Lines in the following data that contain the string "stopped" are to be counted. Report only their number.

+++ Source information

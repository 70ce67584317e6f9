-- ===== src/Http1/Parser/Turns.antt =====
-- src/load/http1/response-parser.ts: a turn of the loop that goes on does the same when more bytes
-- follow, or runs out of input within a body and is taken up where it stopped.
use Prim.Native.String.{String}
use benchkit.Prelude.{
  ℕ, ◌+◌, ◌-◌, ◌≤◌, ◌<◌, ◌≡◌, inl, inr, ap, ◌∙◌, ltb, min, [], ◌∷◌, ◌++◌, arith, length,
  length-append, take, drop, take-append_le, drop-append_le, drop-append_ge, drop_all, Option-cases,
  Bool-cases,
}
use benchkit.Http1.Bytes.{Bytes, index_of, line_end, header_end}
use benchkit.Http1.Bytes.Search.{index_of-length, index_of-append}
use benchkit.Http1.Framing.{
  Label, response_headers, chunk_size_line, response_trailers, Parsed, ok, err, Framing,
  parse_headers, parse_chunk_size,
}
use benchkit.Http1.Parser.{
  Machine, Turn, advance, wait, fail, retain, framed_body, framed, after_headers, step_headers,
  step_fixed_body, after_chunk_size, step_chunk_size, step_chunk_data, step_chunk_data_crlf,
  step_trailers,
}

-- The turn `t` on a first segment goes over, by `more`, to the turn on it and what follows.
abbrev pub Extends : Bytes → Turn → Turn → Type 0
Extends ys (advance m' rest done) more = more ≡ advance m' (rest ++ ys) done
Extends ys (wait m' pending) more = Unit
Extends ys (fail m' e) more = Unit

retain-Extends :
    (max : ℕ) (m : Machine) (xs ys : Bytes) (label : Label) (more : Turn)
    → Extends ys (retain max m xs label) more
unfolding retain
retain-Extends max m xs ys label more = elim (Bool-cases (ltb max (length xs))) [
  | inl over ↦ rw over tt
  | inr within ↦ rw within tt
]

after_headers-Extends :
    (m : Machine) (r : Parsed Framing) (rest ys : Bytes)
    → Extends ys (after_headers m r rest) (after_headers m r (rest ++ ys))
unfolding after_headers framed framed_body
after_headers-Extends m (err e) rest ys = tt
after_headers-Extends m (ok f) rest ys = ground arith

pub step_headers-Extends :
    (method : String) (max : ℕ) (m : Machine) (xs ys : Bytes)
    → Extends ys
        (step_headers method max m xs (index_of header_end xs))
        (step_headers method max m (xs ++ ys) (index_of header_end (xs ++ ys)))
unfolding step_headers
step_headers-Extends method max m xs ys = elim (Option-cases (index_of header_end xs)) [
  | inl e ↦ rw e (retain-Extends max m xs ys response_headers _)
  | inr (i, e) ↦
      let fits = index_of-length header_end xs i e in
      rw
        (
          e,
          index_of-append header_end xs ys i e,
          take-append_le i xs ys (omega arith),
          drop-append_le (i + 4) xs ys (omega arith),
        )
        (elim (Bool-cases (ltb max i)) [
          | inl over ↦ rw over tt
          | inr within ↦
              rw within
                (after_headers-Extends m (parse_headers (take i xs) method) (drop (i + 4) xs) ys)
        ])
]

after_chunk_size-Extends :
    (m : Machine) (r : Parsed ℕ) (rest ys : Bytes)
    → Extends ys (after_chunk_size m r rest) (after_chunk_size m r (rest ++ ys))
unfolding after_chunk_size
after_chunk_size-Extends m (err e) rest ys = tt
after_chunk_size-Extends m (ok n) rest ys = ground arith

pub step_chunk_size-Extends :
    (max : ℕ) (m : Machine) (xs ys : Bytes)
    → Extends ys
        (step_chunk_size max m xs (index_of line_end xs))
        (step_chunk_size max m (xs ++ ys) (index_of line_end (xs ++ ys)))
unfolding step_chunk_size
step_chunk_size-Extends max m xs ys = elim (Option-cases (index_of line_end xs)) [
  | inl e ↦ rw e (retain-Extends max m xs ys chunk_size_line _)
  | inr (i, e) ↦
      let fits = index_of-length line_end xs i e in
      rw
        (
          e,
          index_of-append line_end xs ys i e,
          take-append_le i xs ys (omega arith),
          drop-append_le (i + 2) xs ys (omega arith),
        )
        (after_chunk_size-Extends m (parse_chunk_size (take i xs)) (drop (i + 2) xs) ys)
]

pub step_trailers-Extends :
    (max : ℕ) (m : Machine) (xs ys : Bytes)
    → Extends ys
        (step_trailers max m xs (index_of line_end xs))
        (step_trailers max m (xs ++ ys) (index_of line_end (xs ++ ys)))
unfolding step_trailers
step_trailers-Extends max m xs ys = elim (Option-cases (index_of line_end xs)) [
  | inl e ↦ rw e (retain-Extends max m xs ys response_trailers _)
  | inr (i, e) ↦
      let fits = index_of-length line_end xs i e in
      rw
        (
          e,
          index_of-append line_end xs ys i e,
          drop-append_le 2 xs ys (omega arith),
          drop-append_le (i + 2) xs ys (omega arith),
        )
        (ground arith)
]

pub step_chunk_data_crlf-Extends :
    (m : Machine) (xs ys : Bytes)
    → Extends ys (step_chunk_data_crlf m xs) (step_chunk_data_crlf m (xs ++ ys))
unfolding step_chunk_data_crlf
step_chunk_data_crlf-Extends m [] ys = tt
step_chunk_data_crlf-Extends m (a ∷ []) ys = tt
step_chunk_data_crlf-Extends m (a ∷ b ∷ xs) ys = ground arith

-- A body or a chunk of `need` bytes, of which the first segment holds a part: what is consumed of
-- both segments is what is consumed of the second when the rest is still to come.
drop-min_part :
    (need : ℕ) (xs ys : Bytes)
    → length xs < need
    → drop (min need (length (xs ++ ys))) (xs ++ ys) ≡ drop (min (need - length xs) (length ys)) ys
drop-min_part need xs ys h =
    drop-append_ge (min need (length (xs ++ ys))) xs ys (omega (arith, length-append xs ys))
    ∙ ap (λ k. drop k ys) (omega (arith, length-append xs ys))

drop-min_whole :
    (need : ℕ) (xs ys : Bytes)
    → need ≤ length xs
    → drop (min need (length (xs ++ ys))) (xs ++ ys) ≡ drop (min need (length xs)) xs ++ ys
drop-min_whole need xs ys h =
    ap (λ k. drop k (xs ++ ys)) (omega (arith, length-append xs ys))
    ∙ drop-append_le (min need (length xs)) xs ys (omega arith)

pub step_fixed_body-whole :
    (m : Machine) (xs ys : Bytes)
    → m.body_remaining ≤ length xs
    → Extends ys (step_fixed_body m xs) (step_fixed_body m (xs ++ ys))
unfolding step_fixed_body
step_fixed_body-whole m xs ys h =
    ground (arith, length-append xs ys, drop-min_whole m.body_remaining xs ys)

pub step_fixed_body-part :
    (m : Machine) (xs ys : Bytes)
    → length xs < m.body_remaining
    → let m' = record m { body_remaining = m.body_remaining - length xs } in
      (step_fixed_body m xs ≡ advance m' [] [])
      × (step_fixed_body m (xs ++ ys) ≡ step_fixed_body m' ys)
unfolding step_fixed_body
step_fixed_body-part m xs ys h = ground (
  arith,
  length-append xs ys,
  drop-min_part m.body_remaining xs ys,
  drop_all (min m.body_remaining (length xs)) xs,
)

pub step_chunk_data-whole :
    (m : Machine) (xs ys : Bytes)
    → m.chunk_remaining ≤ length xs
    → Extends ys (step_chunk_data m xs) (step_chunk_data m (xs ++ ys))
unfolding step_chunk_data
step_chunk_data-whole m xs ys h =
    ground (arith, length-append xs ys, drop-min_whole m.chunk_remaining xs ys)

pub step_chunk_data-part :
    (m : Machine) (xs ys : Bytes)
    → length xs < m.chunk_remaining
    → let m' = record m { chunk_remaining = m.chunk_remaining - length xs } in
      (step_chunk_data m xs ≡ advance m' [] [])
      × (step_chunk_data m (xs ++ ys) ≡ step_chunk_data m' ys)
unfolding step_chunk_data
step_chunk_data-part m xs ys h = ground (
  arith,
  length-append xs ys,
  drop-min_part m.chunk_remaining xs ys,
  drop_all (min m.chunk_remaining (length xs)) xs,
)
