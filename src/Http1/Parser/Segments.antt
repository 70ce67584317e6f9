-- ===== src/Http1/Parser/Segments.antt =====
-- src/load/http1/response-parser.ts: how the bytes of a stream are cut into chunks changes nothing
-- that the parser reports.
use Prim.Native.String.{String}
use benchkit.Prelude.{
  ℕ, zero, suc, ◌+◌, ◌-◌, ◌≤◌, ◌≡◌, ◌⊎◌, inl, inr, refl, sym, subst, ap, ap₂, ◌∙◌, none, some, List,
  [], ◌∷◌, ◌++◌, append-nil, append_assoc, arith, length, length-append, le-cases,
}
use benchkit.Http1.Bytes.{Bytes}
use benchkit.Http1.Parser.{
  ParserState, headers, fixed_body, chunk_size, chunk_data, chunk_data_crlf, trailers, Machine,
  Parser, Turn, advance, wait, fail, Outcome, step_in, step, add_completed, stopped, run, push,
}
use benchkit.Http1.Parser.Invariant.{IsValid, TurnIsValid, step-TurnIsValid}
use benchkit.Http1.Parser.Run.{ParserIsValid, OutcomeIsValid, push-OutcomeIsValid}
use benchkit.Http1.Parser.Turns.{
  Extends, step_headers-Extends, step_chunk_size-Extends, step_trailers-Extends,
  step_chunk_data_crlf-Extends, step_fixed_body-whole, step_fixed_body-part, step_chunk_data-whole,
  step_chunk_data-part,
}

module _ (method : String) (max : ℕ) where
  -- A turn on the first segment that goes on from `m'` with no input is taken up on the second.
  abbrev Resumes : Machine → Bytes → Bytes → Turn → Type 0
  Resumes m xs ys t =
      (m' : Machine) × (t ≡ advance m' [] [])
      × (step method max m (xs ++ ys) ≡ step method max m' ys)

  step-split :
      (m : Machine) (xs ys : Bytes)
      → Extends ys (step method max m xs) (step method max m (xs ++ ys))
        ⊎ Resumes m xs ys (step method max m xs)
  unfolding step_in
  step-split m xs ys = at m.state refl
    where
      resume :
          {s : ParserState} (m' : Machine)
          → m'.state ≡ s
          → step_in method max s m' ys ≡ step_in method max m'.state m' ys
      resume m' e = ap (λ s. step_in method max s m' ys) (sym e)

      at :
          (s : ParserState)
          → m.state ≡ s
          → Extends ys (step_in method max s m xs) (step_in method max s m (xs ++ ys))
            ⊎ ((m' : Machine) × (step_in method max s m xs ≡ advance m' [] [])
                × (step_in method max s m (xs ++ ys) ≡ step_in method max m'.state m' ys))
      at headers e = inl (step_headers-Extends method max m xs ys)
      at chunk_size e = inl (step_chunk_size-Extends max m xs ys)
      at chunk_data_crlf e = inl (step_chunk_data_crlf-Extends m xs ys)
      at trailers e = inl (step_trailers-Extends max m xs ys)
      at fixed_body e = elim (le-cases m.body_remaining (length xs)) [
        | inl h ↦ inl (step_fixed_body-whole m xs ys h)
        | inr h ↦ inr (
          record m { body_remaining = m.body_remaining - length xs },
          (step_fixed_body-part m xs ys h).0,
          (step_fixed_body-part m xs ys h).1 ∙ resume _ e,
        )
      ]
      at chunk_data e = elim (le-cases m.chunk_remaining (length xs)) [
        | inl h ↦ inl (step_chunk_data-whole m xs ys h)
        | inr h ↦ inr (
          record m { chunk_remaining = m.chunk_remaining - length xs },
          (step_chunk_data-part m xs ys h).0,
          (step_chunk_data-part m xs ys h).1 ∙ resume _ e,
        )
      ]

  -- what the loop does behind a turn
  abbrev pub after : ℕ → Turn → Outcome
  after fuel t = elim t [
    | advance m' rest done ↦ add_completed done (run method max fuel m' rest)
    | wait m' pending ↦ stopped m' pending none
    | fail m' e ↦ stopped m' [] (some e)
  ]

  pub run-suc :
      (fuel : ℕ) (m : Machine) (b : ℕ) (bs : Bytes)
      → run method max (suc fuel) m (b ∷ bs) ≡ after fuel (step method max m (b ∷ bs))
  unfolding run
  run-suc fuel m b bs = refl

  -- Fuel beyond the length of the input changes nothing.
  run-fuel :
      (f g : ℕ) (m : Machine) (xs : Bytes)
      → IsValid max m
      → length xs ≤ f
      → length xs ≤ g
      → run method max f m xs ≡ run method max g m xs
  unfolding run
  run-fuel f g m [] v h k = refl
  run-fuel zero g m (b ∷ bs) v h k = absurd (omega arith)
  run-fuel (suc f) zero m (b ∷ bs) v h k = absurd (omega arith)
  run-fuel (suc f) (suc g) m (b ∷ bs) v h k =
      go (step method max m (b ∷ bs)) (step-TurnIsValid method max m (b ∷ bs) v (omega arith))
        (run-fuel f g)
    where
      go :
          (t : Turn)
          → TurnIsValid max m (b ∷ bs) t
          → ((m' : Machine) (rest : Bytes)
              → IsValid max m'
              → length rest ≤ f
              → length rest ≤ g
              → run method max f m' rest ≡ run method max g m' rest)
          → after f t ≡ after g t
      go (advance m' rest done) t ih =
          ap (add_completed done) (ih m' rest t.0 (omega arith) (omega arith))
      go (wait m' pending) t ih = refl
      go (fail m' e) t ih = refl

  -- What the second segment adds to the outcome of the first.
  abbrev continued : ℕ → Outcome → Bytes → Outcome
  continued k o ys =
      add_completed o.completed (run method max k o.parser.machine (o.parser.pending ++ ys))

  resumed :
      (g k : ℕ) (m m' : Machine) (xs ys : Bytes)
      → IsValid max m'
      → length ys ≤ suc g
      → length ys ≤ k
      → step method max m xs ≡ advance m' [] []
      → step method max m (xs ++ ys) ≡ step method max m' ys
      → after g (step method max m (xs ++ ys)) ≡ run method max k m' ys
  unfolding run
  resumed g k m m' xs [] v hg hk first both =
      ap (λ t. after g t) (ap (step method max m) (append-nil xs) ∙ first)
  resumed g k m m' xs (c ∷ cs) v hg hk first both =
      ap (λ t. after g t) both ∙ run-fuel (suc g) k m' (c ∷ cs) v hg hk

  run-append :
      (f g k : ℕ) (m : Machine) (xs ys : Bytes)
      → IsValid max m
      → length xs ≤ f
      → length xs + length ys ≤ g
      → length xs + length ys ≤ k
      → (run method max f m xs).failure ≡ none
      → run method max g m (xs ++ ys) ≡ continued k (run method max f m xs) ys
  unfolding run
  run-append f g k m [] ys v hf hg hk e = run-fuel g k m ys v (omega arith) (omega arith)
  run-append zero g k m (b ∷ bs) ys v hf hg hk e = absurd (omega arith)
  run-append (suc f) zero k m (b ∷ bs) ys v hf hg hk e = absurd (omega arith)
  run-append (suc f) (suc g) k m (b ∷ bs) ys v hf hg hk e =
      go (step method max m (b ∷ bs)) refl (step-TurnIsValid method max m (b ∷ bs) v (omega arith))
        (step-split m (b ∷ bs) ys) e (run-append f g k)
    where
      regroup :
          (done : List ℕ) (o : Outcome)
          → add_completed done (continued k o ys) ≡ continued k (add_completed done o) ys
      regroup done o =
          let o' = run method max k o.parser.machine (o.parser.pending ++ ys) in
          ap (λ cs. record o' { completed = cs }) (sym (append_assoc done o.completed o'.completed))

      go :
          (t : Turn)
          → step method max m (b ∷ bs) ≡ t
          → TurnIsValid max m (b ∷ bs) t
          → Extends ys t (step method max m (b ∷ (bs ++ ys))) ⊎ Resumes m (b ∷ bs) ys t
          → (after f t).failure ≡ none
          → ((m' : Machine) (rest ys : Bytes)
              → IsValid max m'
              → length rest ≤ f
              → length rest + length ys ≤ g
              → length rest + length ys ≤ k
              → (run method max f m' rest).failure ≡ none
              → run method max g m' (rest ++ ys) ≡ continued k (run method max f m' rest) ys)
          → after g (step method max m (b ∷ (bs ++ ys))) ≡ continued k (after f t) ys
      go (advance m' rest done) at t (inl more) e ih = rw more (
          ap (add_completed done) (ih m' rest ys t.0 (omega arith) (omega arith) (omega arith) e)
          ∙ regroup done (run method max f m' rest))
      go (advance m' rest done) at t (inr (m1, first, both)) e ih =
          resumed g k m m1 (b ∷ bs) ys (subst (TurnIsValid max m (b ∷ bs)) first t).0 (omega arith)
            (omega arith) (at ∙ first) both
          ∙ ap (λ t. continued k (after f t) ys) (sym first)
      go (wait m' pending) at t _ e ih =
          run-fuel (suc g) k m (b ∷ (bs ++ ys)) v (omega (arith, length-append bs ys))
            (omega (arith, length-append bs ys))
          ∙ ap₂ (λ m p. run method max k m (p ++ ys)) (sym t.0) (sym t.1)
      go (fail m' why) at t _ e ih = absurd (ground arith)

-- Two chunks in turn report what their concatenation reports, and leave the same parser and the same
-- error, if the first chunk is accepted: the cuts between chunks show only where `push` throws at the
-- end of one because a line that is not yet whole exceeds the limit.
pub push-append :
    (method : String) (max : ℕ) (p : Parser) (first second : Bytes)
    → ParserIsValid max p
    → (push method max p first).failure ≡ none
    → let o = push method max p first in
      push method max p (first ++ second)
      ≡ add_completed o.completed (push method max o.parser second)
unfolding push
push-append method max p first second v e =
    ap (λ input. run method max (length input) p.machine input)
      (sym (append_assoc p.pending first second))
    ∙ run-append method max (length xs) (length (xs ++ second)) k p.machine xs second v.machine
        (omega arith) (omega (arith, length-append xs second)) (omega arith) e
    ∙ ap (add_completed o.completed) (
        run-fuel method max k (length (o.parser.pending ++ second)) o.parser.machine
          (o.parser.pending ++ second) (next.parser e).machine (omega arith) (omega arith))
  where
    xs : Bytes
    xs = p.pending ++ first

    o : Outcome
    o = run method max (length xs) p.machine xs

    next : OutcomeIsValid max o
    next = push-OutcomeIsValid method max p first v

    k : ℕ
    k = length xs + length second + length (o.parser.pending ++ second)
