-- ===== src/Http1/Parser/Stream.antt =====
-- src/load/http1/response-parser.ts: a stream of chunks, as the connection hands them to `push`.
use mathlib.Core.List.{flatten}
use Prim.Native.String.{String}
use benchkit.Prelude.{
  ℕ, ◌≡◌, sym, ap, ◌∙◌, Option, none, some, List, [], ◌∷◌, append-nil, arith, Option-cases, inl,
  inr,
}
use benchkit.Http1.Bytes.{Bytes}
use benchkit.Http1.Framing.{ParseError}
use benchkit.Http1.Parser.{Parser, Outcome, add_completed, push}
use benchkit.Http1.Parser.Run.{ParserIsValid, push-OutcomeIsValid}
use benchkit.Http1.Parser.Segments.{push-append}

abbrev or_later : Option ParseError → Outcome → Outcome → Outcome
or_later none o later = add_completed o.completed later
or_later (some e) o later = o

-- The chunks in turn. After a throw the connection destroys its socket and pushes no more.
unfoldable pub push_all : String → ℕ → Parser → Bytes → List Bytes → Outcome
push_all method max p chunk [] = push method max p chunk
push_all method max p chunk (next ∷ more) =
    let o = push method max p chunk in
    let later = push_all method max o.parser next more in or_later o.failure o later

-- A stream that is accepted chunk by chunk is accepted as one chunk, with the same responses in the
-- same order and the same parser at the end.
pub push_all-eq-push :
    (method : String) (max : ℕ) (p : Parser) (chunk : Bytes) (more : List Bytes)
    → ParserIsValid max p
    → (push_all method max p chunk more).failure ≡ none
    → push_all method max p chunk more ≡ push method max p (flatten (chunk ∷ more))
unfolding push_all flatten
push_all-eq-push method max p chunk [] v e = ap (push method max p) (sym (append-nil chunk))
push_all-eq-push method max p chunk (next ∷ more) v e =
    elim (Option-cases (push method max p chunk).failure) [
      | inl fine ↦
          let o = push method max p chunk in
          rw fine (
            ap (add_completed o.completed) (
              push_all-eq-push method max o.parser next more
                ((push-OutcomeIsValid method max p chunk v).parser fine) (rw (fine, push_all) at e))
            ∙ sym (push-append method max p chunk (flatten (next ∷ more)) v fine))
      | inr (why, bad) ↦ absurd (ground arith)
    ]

++++++

▶ _Answer section_
4